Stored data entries
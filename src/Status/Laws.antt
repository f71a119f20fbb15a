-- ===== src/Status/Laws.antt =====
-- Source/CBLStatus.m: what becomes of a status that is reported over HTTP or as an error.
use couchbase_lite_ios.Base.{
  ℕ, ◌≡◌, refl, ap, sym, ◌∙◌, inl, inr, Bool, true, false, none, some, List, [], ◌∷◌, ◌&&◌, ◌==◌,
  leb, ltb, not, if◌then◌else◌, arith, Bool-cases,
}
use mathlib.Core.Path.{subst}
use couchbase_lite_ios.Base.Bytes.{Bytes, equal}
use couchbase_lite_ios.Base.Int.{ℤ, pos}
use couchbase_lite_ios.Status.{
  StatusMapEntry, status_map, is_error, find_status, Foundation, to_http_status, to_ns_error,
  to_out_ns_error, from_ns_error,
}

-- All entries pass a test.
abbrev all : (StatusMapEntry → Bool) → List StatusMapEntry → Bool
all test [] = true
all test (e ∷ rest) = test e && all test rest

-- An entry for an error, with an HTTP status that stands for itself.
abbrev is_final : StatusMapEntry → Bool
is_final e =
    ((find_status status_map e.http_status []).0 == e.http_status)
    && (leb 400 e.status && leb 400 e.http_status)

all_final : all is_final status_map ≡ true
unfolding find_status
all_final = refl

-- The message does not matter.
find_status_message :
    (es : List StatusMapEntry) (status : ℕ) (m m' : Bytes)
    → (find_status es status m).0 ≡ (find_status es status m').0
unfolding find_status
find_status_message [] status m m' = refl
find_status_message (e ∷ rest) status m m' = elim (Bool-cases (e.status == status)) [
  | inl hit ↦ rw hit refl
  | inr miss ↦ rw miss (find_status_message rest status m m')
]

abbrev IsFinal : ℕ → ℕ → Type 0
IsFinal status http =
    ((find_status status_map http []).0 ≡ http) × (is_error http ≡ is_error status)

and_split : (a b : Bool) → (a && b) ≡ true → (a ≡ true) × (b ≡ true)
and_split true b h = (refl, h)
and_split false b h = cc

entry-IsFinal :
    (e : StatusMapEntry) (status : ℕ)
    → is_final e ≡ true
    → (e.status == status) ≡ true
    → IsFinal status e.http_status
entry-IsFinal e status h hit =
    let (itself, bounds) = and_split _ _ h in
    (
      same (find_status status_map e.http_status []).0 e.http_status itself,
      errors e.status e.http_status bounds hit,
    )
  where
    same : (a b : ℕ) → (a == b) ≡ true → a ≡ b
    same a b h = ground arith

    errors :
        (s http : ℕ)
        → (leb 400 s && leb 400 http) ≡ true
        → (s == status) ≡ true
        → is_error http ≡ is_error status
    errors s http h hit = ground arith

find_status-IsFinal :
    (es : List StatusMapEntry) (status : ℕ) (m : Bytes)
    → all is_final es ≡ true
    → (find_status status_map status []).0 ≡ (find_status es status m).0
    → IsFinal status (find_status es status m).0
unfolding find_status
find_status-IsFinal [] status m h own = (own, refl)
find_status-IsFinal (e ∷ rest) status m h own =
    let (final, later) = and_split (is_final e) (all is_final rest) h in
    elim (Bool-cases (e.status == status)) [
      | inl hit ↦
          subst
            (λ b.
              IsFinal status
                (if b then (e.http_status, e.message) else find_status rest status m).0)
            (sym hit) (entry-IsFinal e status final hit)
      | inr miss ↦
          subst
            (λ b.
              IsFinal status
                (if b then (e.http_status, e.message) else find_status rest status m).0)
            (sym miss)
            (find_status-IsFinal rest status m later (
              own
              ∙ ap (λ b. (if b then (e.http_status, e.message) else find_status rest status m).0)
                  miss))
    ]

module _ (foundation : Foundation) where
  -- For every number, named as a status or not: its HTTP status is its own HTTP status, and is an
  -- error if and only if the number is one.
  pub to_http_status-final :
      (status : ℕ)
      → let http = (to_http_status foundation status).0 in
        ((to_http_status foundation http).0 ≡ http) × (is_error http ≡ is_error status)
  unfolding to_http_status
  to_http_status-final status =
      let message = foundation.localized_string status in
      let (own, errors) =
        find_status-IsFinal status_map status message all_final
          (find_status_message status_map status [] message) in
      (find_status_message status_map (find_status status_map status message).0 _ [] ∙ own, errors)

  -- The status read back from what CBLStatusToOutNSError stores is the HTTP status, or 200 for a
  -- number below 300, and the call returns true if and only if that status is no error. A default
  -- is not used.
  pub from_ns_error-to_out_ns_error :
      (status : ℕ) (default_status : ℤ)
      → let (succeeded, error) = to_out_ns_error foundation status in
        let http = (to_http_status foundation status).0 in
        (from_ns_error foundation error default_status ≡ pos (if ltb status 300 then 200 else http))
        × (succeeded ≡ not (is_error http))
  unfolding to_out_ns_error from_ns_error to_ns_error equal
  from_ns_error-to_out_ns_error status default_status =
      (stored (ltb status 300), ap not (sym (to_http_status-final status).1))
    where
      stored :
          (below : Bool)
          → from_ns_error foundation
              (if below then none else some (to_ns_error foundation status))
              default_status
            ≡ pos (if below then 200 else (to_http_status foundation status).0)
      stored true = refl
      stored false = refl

- [WORK REQUIRED]
All that is wanted is the stretch of lines above from the one containing "errors e.status e.http_status" through the one containing "find_status-IsFinal (e ∷", duplicated exactly.

- [WRITTEN ANSWER]
      errors e.status e.http_status bounds hit,
    )
  where
    same : (a b : ℕ) → (a == b) ≡ true → a ≡ b
    same a b h = ground arith

    errors :
        (s http : ℕ)
        → (leb 400 s && leb 400 http) ≡ true
        → (s == status) ≡ true
        → is_error http ≡ is_error status
    errors s http h hit = ground arith

find_status-IsFinal :
    (es : List StatusMapEntry) (status : ℕ) (m : Bytes)
    → all is_final es ≡ true
    → (find_status status_map status []).0 ≡ (find_status es status m).0
    → IsFinal status (find_status es status m).0
unfolding find_status
find_status-IsFinal [] status m h own = (own, refl)
find_status-IsFinal (e ∷ rest) status m h own =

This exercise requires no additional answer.